No, esync and fsync trade blows in performance. Here are some measurements taken by Kron4ek, who maintains somewhat widely used Wine/Proton builds:

https://web.archive.org/web/20250315200334/https://flightles...

https://web.archive.org/web/20250315200424/https://flightles...

https://web.archive.org/web/20250315200419/https://flightles...

> With vanilla being quite a bit behind esync?

Yes, vanilla Wine has historically fallen behind all of them, of course.

> Also, jeez, fsync, what a terrible name. fsync is a syscall that has to do with filesystem data. So confusing.

We can agree on this. :)

FlightlessMango

> if Valve didn’t enable that on their build then I don’t have it.

The Proton build is Valve's build. It supports both fsync and esync, the latter of which does not require a kernel patch. If you're gaming on Linux with Steam, you're probably already using it.

https://github.com/ValveSoftware/Proton/?tab=readme-ov-file#...

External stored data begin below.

-- ===== src/Macro/Split/Bounds.antt =====
-- scripts/kconfig/preprocess.c: how many commas a clause may have, and that its parts are the clause.
use kdevops.Prelude.{
  ℕ, suc, ◌+◌, ◌≤◌, ◌<◌, ◌≡◌, ◌⊎◌, refl, ◌∙◌, ap, sym, true, List, [], ◌∷◌, ◌++◌, length,
  if◌then◌else◌, arith, Bytes, Bool-cases, inl, inr,
}
use mathlib.Core.List.{append_assoc, append-nil}
use mathlib.Core.Path.{subst}
use kdevops.Macro.Split.{
  Split, parts, refused, overrun, nest_after, is_separator, split_from, split_clause,
}

-- The commas of a clause outside parentheses.
unfoldable pub separators : ℕ → Bytes → ℕ
unfolding nest_after
separators nest [] = 0
separators nest (c ∷ cs) =
    if is_separator nest c then suc (separators nest cs) else separators (nest_after nest c) cs

-- The parts with commas between them.
unfoldable pub join : List Bytes → Bytes
join [] = []
join (p ∷ []) = p
join (p ∷ q ∷ ps) = p ++ (b',' ∷ join (q ∷ ps))

split-refused :
    (argc nest : ℕ) (prev s : Bytes)
    → argc ≤ 16
    → 16 < argc + separators nest s
    → split_from argc nest prev s ≡ refused
unfolding split_from separators
split-refused argc nest prev [] h k = absurd (omega arith)
split-refused argc nest prev (c ∷ cs) h k = ground (
  arith,
  split-refused (suc argc) nest [] cs,
  split-refused argc (nest_after nest c) (prev ++ c ∷ []) cs,
)

split-overrun :
    (argc nest : ℕ) (prev s : Bytes)
    → argc + separators nest s ≡ 16
    → split_from argc nest prev s ≡ overrun
unfolding split_from separators
split-overrun argc nest prev [] h = ground (arith, h)
split-overrun argc nest prev (c ∷ cs) h = ground (
  arith,
  split-overrun (suc argc) nest [] cs,
  split-overrun argc (nest_after nest c) (prev ++ c ∷ []) cs,
)

-- The parts of a text, of which there is one more than commas.
pub record IsSplit (prev s : Bytes) (commas : ℕ) (r : Split) : Type 0 where
  pub first : Bytes
  pub others : List Bytes
  pub is_parts : r ≡ parts (first ∷ others)
  pub count : length others ≡ commas
  pub joined : join (first ∷ others) ≡ prev ++ s

separator_comma : (nest c : ℕ) → is_separator nest c ≡ true → c ≡ b','
separator_comma nest c h = ground (arith, h)

IsSplit-parts :
    (argc nest : ℕ) (prev s : Bytes)
    → argc + separators nest s < 16
    → IsSplit prev s (separators nest s) (split_from argc nest prev s)
unfolding split_from separators join
IsSplit-parts argc nest prev [] h = record {
  first = prev;
  others = [];
  is_parts = ground (arith, h);
  count = refl;
  joined = sym (append-nil prev);
}
IsSplit-parts argc nest prev (c ∷ cs) h = elim (Bool-cases (is_separator nest c)) [
  | inl e ↦
      let r = IsSplit-parts (suc argc) nest [] cs (ground (arith, h)) in
      record {
        first = prev;
        others = r.first ∷ r.others;
        is_parts = ground (arith, h, r.is_parts);
        count = ground (arith, r.count);
        joined =
            ap (λ r. prev ++ r)
              (ap (λ r. b',' ∷ r) r.joined ∙ ap (λ d. d ∷ cs) (sym (separator_comma nest c e)));
      }
  | inr e ↦
      let r = IsSplit-parts argc (nest_after nest c) (prev ++ c ∷ []) cs (ground (arith, h)) in
      record {
        first = r.first;
        others = r.others;
        is_parts = ground (arith, h, r.is_parts);
        count = ground (arith, r.count);
        joined = r.joined ∙ append_assoc prev (c ∷ []) cs;
      }
]

overrun_at : (s : Bytes) → separators 0 s ≡ 16 → split_clause s ≡ overrun
unfolding split_clause
overrun_at s h = split-overrun 0 0 [] s (omega arith)

refused_beyond : (s : Bytes) → 16 < separators 0 s → split_clause s ≡ refused
unfolding split_clause
refused_beyond s h = split-refused 0 0 [] s (omega arith) (omega arith)

limit-cases : (n : ℕ) → (n < 16) ⊎ (n ≡ 16) ⊎ (16 < n)
limit-cases n = ground arith

-- What splitting a text can come to.
pub data SplitOf (s : Bytes) : Split → Type 0 where
  within :
      (p : Bytes) (ps : List Bytes)
      → length ps ≡ separators 0 s
      → separators 0 s < 16
      → join (p ∷ ps) ≡ s
      → SplitOf s (parts (p ∷ ps))
  at_the_end : separators 0 s ≡ 16 → SplitOf s overrun
  beyond : 16 < separators 0 s → SplitOf s refused

parts_below : (s : Bytes) → separators 0 s < 16 → IsSplit [] s (separators 0 s) (split_clause s)
unfolding split_clause
parts_below s h = IsSplit-parts 0 0 [] s (omega arith)

-- A clause with at most fifteen commas outside parentheses is split at these, into parts that are
-- the clause again with the commas between them; with sixteen, the last part is written behind the
-- end of the array of sixteen; with more, the clause is refused.
pub split_clause-SplitOf : (s : Bytes) → SplitOf s (split_clause s)
split_clause-SplitOf s = elim (limit-cases (separators 0 s)) [
  | inl h ↦
      let r = parts_below s h in
      subst (SplitOf s) (sym r.is_parts) (within r.first r.others r.count h r.joined)
  | inr (inl h) ↦ subst (SplitOf s) (sym (overrun_at s h)) (at_the_end h)
  | inr (inr h) ↦ subst (SplitOf s) (sym (refused_beyond s h)) (beyond h)
]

GitHub - ValveSoftware/Proton: Compatibility tool for Steam Play based on Wine and additional components

Compatibility tool for Steam Play based on Wine and additional components - ValveSoftware/Proton

GitHub

The common gaming-focused Wine/Proton builds can also use esync (eventfd-based synchronization). IIRC, it doesn't need a patched kernel.

The point being that these massive speed gains will probably not be seen by most people as you suggest, because most Linux gamers already have access to either esync or fsync.

Most people? What mainstream Linux distros ship without fsync or esync support?